Historias musicales: “Amadeus” se forjó en una iglesia de Londres

El año pasado se cumplió un siglo del nacimiento del gran sir Neville Marriner, artífice y principal director de la célebre Accademy of Saint Martin-in-the-fields, con la que llegaría a grabar, entre cerca de seiscientos registros, la banda sonora del filme sobre W. A. Mozart, Amadeus, uno de los discos más vendidos en la historia de la música clásica, a pesar de sus detractores.

El año pasado se cumplió un siglo del nacimiento del gran sir Neville Marriner, artífice y principal director de la célebre Accademy of Saint Martin-in-the-fields, con la que llegaría a grabar, entre cerca de seiscientos registros, la banda sonora del filme sobre W. A. Mozart, Amadeus, uno de los discos más vendidos en la historia de la música clásica, a pesar de sus detractores.

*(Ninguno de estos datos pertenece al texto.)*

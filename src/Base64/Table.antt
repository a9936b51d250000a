-- ===== src/Base64/Table.antt =====
-- The two tables of helper.c are inverse to one another.
use file_share_server.Common.{
  ℕ, zero, suc, ◌<◌, ◌≡◌, refl, ◌==◌, Bool, true, false, ◌&&◌, Option, some, none, arith, done,
  Bool-cases, inl, inr, if◌then◌else◌,
}
use file_share_server.Base64.{encode_char, decoding_table, sextet, base64_chars_strchr}

abbrev decodes_to : ℕ → Option ℕ → Bool
decodes_to sextet none = false
decodes_to sextet (some value) = value == sextet

abbrev is_inverse : ℕ → Bool
is_inverse x =
    decodes_to x (decoding_table (encode_char x))
    && (if encode_char x == b'=' then false else base64_chars_strchr (encode_char x) == x)

-- Every sextet below a bound.
inverse_below : ℕ → Bool
inverse_below zero = true
inverse_below (suc bound) = inverse_below bound && is_inverse bound

inverse_below_64 : inverse_below 64 ≡ true
unfolding inverse_below decoding_table encode_char base64_chars_strchr
inverse_below_64 = refl

inverse_at :
    (bound sextet : ℕ) → sextet < bound → inverse_below bound ≡ true → is_inverse sextet ≡ true
unfolding inverse_below
inverse_at zero sextet below table = absurd (omega arith)
inverse_at (suc bound) sextet below table = elim (Bool-cases (sextet == bound)) [
  | inl last ↦ ground (arith)
  | inr earlier ↦ ground (arith, inverse_at bound sextet)
]

-- Each of the 64 characters decodes to the number that it encodes, by the decoding table and by
-- `base64_chars_strchr`, and none is '='.
pub decode-encode_char :
    (x : ℕ)
    → x < 64
    → (sextet (encode_char x) ≡ done x)
      × (base64_chars_strchr (encode_char x) ≡ x)
      × ((encode_char x == b'=') ≡ false)
unfolding sextet
decode-encode_char x h = let table = inverse_at 64 x h inverse_below_64 in ground arith
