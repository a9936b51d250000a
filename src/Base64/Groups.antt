-- ===== src/Base64/Groups.antt =====
-- `base64_encode` by groups of three octets, and the loop of `base64_decode` on what it gives.
use file_share_server.Common.{
  ℕ, suc, ◌+◌, ◌-◌, ◌*◌, ◌/◌, ◌%◌, ◌<◌, ◌≡◌, refl, ◌∙◌, ◌==◌, ltb, true, false, List, [], ◌∷◌, ◌++◌,
  length, take, done, ◌>>=◌, arith, All,
}
use file_share_server.Base64.{
  encode_char, encode_triple, triple_of_octets, encode_loop, base64_encode, sextet, decode_triple,
  decode_loop, mod_table, equals_at,
}
use file_share_server.Base64.Table.{decode-encode_char}

abbrev pub IsOctets : List ℕ → Type 0
IsOctets = All (λ b. b < 256)

below_64 : (x : ℕ) → x % 64 < 64
below_64 x = omega arith

sextet_of : (x : ℕ) → sextet (encode_char (x % 64)) ≡ done (x % 64)
sextet_of x = (decode-encode_char (x % 64) (below_64 x)).0

pub not_equals : (x : ℕ) → (encode_char (x % 64) == b'=') ≡ false
not_equals x = (decode-encode_char (x % 64) (below_64 x)).2

sextet_equals : sextet b'=' ≡ done 0
unfolding sextet
sextet_equals = refl

sextets :
    (t : ℕ)
    → t < 16777216
    → t / 262144 % 64 * 262144 + t / 4096 % 64 * 4096 + t / 64 % 64 * 64 + t % 64 ≡ t
sextets t h = omega arith

octet_a : (a b c : ℕ) → a < 256 → b < 256 → c < 256 → triple_of_octets a b c / 65536 % 256 ≡ a
octet_a a b c ha hb hc = omega arith

octet_b : (a b c : ℕ) → a < 256 → b < 256 → c < 256 → triple_of_octets a b c / 256 % 256 ≡ b
octet_b a b c ha hb hc = omega arith

octet_c : (a b c : ℕ) → a < 256 → b < 256 → c < 256 → triple_of_octets a b c % 256 ≡ c
octet_c a b c ha hb hc = omega arith

triple_below : (a b c : ℕ) → a < 256 → b < 256 → c < 256 → triple_of_octets a b c < 16777216
triple_below a b c ha hb hc = omega arith

back_3 : (room : ℕ) → room + 3 - 3 ≡ room
back_3 room = omega arith

decode_quad :
    (room a b c d sa sb sc sd : ℕ) (rest : List ℕ)
    → sextet a ≡ done sa
    → sextet b ≡ done sb
    → sextet c ≡ done sc
    → sextet d ≡ done sd
    → decode_loop room (a ∷ b ∷ c ∷ d ∷ rest) ≡ (
        decode_loop (room - 3) rest >>= λ decoded.
        done (decode_triple room (sa * 262144 + sb * 4096 + sc * 64 + sd) ++ decoded))
unfolding decode_loop
decode_quad room a b c d sa sb sc sd rest ha hb hc hd = rw (ha, hb, hc, hd)

decode_group :
    (room t : ℕ) (rest : List ℕ)
    → t < 16777216
    → decode_loop room (encode_triple t ++ rest)
      ≡ (decode_loop (room - 3) rest >>= λ decoded. done (decode_triple room t ++ decoded))
unfolding encode_triple
decode_group room t rest h =
    decode_quad room (encode_char (t / 262144 % 64)) (encode_char (t / 4096 % 64))
      (encode_char (t / 64 % 64)) (encode_char (t % 64)) (t / 262144 % 64) (t / 4096 % 64)
      (t / 64 % 64) (t % 64) rest (sextet_of (t / 262144)) (sextet_of (t / 4096))
      (sextet_of (t / 64)) (sextet_of t)
    ∙ rw (sextets t h)

-- One group of three octets.
decode_octets :
    (room a b c : ℕ) (rest : List ℕ)
    → a < 256
    → b < 256
    → c < 256
    → decode_loop (room + 3) (encode_triple (triple_of_octets a b c) ++ rest)
      ≡ (decode_loop room rest >>= λ decoded. done (a ∷ b ∷ c ∷ decoded))
unfolding decode_triple
decode_octets room a b c rest ha hb hc =
    decode_group (room + 3) (triple_of_octets a b c) rest (triple_below a b c ha hb hc)
    ∙ (rw (octet_a a b c ha hb hc, octet_b a b c ha hb hc, octet_c a b c ha hb hc)
        (rw (back_3 room) (
          let r0 : ltb 0 (room + 3) ≡ true = ground arith in
          let r1 : ltb 1 (room + 3) ≡ true = ground arith in
          let r2 : ltb 2 (room + 3) ≡ true = ground arith in rw (r0, r1, r2))))

abbrev pad : ℕ → ℕ
pad n = mod_table (n % 3)

groups :
    (n : ℕ)
    → 4 * ((suc (suc (suc n)) + 2) / 3) - pad (suc (suc (suc n))) ≡ 4 + (4 * ((n + 2) / 3) - pad n)
groups n = ground arith

same_pad : (n : ℕ) → pad (suc (suc (suc n))) ≡ pad n
same_pad n = let e : suc (suc (suc n)) % 3 ≡ n % 3 = omega arith in rw e

take_4 :
    (w x y z n : ℕ) (rest : List ℕ)
    → take (4 + n) (w ∷ x ∷ y ∷ z ∷ rest) ≡ w ∷ x ∷ y ∷ z ∷ take n rest
take_4 w x y z n rest = let e : 4 + n ≡ suc (suc (suc (suc n))) = omega arith in rw e

pub base64_encode_group :
    (a b c : ℕ) (rest : List ℕ)
    → base64_encode (a ∷ b ∷ c ∷ rest)
      ≡ encode_triple (triple_of_octets a b c) ++ base64_encode rest
unfolding base64_encode encode_triple encode_loop
base64_encode_group a b c rest = rw (groups (length rest)) (
    rw (same_pad (length rest)) (
      rw (
        take_4 (encode_char (triple_of_octets a b c / 262144 % 64))
          (encode_char (triple_of_octets a b c / 4096 % 64))
          (encode_char (triple_of_octets a b c / 64 % 64))
          (encode_char (triple_of_octets a b c % 64))
          (4 * ((length rest + 2) / 3) - pad (length rest)) (encode_loop rest))))

pub length-base64_encode :
    (octets : List ℕ) → length (base64_encode octets) ≡ 4 * ((length octets + 2) / 3)
unfolding base64_encode encode_triple
length-base64_encode [] = refl
length-base64_encode (a ∷ []) = refl
length-base64_encode (a ∷ b ∷ []) = refl
length-base64_encode (a ∷ b ∷ c ∷ rest) =
    rw (base64_encode_group a b c rest) (omega (arith, length-base64_encode rest))

abbrev pub room_of : List ℕ → ℕ
room_of chars = length chars / 4 * 3 - equals_at chars 1 - equals_at chars 2

plus_3 : (n : ℕ) → suc (suc (suc n)) ≡ n + 3
plus_3 n = omega arith

nothing_left : (room : ℕ) → decode_loop room [] ≡ done []
unfolding decode_loop
nothing_left room = refl

first_of_one :
    (a : ℕ)
    → a < 256
    → (triple_of_octets a 0 0 / 262144 % 64 * 262144
          + triple_of_octets a 0 0 / 4096 % 64 * 4096
          + 0 * 64
          + 0)
        / 65536
        % 256
      ≡ a
first_of_one a h = omega arith

first_of_two :
    (a b : ℕ)
    → a < 256
    → b < 256
    → (triple_of_octets a b 0 / 262144 % 64 * 262144
          + triple_of_octets a b 0 / 4096 % 64 * 4096
          + triple_of_octets a b 0 / 64 % 64 * 64
          + 0)
        / 65536
        % 256
      ≡ a
first_of_two a b ha hb = omega arith

second_of_two :
    (a b : ℕ)
    → a < 256
    → b < 256
    → (triple_of_octets a b 0 / 262144 % 64 * 262144
          + triple_of_octets a b 0 / 4096 % 64 * 4096
          + triple_of_octets a b 0 / 64 % 64 * 64
          + 0)
        / 256
        % 256
      ≡ b
second_of_two a b ha hb = omega arith

pub decode-encode :
    (octets : List ℕ)
    → IsOctets octets
    → decode_loop (length octets) (base64_encode octets) ≡ done octets
unfolding base64_encode encode_triple decode_triple
decode-encode [] h = nothing_left 0
decode-encode (a ∷ []) h =
    let t = triple_of_octets a 0 0 in
    decode_quad 1 (encode_char (t / 262144 % 64)) (encode_char (t / 4096 % 64)) b'=' b'='
      (t / 262144 % 64) (t / 4096 % 64) 0 0 [] (sextet_of (t / 262144)) (sextet_of (t / 4096))
      sextet_equals sextet_equals
    ∙ rw (nothing_left 0, first_of_one a h.0)
decode-encode (a ∷ b ∷ []) h =
    let t = triple_of_octets a b 0 in
    decode_quad 2 (encode_char (t / 262144 % 64)) (encode_char (t / 4096 % 64))
      (encode_char (t / 64 % 64)) b'=' (t / 262144 % 64) (t / 4096 % 64) (t / 64 % 64) 0 []
      (sextet_of (t / 262144)) (sextet_of (t / 4096)) (sextet_of (t / 64)) sextet_equals
    ∙ rw (nothing_left 0, first_of_two a b h.0 h.1.0, second_of_two a b h.0 h.1.0)
decode-encode (a ∷ b ∷ c ∷ rest) h = rw (base64_encode_group a b c rest) (
    rw (plus_3 (length rest)) (
      decode_octets (length rest) a b c (base64_encode rest) h.0 h.1.0 h.1.1.0
      ∙ rw (decode-encode rest h.1.1.1)))
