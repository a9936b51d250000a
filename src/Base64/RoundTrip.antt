-- ===== src/Base64/RoundTrip.antt =====
-- `base64_decode` after `base64_encode`: the room for the octets, and the octets.
use file_share_server.Common.{
  ℕ, suc, ◌+◌, ◌-◌, ◌/◌, ◌%◌, ◌≤◌, ◌≡◌, refl, ap, ◌∙◌, ◌==◌, true, false, some, List, [], ◌∷◌, ◌++◌,
  length, done, arith,
}
use file_share_server.Base64.{
  encode_char, encode_triple, triple_of_octets, base64_encode, equals_at, base64_decode,
}
use file_share_server.Base64.Groups.{
  IsOctets, not_equals, base64_encode_group, length-base64_encode, room_of, decode-encode,
}

equals_at_behind :
    (w x y z k : ℕ) (rest : List ℕ)
    → k ≤ length rest
    → equals_at (w ∷ x ∷ y ∷ z ∷ rest) k ≡ equals_at rest k
equals_at_behind w x y z k rest h =
    let e : suc (suc (suc (suc (length rest)))) - k ≡ suc (suc (suc (suc (length rest - k)))) =
      omega arith in
    rw e

room_behind :
    (t : ℕ) (rest : List ℕ)
    → 2 ≤ length rest
    → length rest % 4 ≡ 0
    → equals_at rest 1 ≤ 1
    → equals_at rest 2 ≤ 1
    → room_of (encode_triple t ++ rest) ≡ 3 + room_of rest
unfolding encode_triple
room_behind t rest long whole one two =
    let back = λ (k : ℕ) (h : k ≤ length rest).
      equals_at_behind (encode_char (t / 262144 % 64)) (encode_char (t / 4096 % 64))
        (encode_char (t / 64 % 64)) (encode_char (t % 64)) k rest h in
    rw (back 1 (omega arith), back 2 long) (omega arith)

equals_at-le : (chars : List ℕ) (k : ℕ) → equals_at chars k ≤ 1
equals_at-le chars k = ground arith

room_of-encode :
    (a : ℕ) (octets : List ℕ) → room_of (base64_encode (a ∷ octets)) ≡ length (a ∷ octets)
unfolding base64_encode encode_triple
room_of-encode a [] = refl
room_of-encode a (b ∷ []) = rw (not_equals (triple_of_octets a b 0 / 64))
room_of-encode a (b ∷ c ∷ []) =
    rw (not_equals (triple_of_octets a b c / 64), not_equals (triple_of_octets a b c))
room_of-encode a (b ∷ c ∷ d ∷ rest) = rw (base64_encode_group a b c (d ∷ rest)) (
    room_behind (triple_of_octets a b c) (base64_encode (d ∷ rest))
      (omega (arith, length-base64_encode (d ∷ rest)))
      (omega (arith, length-base64_encode (d ∷ rest))) (equals_at-le (base64_encode (d ∷ rest)) 1)
      (equals_at-le (base64_encode (d ∷ rest)) 2)
    ∙ (ap (λ n. 3 + n) (room_of-encode d rest) ∙ omega arith))

-- `base64_decode` gives back every non-empty sequence of octets that `base64_encode` was given.
pub base64_decode-encode :
    (a : ℕ) (octets : List ℕ)
    → IsOctets (a ∷ octets)
    → base64_decode (base64_encode (a ∷ octets)) ≡ done (some (a ∷ octets))
unfolding base64_decode
base64_decode-encode a octets h =
    let whole : (length (base64_encode (a ∷ octets)) % 4 == 0) ≡ true =
      ground (arith, length-base64_encode (a ∷ octets)) in
    let some_chars : (length (base64_encode (a ∷ octets)) == 0) ≡ false =
      ground (arith, length-base64_encode (a ∷ octets)) in
    rw (whole, some_chars) (rw (room_of-encode a octets) (rw (decode-encode (a ∷ octets) h)))
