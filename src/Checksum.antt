-- ===== src/Checksum.antt =====
-- src/networking/checksum.c: the 16-bit one's complement sum of a packet. The data are the bytes
-- at `temp`; C's `x & 0xFF` is `x % 256`, `x >> 16` is `x / 65536`, and `~sum`, cut to
-- `uint16_t`, is `65535 - sum` for a `sum` of 16 bits.
pub mod Sum
pub mod Packet
use file_share_server.Common.{
  ℕ, zero, suc, ◌+◌, ◌-◌, ◌*◌, ◌/◌, ◌%◌, ◌==◌, ltb, if◌then◌else◌, true, false, List, get_or,
  length, Outcome, done, fault, ◌>>=◌,
}

-- `buff`, after `memset`, `memcpy` and `buff[len_udp] = 0`.
abbrev pub buff : ℕ → List ℕ → ℕ → ℕ
buff len temp i = if ltb i len then get_or temp i 0 else 0

abbrev pub word16 : ℕ → ℕ → ℕ
word16 high low = high % 256 * 256 + low % 256

-- The words from `i` to `bound`, in `fuel` rounds.
sum_loop : (len bound : ℕ) → List ℕ → ℕ → ℕ → ℕ → Outcome ℕ
sum_loop len bound temp zero i sum = fault
sum_loop len bound temp (suc fuel) i sum = elim (ltb i bound) [
  | true ↦
      sum_loop len bound temp fuel (i + 2) (sum + word16 (buff len temp i) (buff len temp (i + 1)))
  | false ↦ done sum
]

-- `while (sum >> 16) sum = (sum & 0xFFFF) + (sum >> 16);`
fold_carry : ℕ → ℕ → Outcome ℕ
fold_carry zero sum = fault
fold_carry (suc fuel) sum = elim (sum / 65536 == 0) [
  | true ↦ done sum
  | false ↦ fold_carry fuel (sum % 65536 + sum / 65536)
]

-- A packet has at most 65535 bytes, so the sum is below 2 ^ 32 and four rounds of carries are
-- enough. Reading more bytes than there are is a fault.
pub checksum : (len_udp padding : ℕ) → List ℕ → Outcome ℕ
unfolding sum_loop fold_carry
checksum len_udp padding temp = if ltb (length temp) len_udp then fault else do
  let padd : ℕ = if padding % 2 == 1 then 1 else 0
  sum ← sum_loop len_udp (len_udp + padd) temp (len_udp + 2) 0 0
  folded ← fold_carry 4 sum
  done ((65535 - folded) % 65536)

Cartel de la película Amadeus

Venía el hombre de la última Thule, “el más alejado confín de ninguna parte” según su paisano Chesterton, por lo cual no le causaba demasiada impresión escuchar que los romanos que habían llegado hasta estas otras tierras norteñas las consideraban el último lugar antes de la nada infinita, el Finisterrae.

De ese modo, la conversación que mantuvimos aquel día en un hotel coruñés se despeñó pronto desde la belleza agreste de los acantilados costeños hacia asuntos más próximos. Comencé por preguntarle cuál era su secreto para mantenerse así de fresco y lozano a edad tan provecta, y tras esbozar su sonrisa afilada me confesó dos: su buena genética y la práctica continuada del tenis en la pista que tenía en su casa de Londres, aunque ahora ya solo jugaba “con la chicas”.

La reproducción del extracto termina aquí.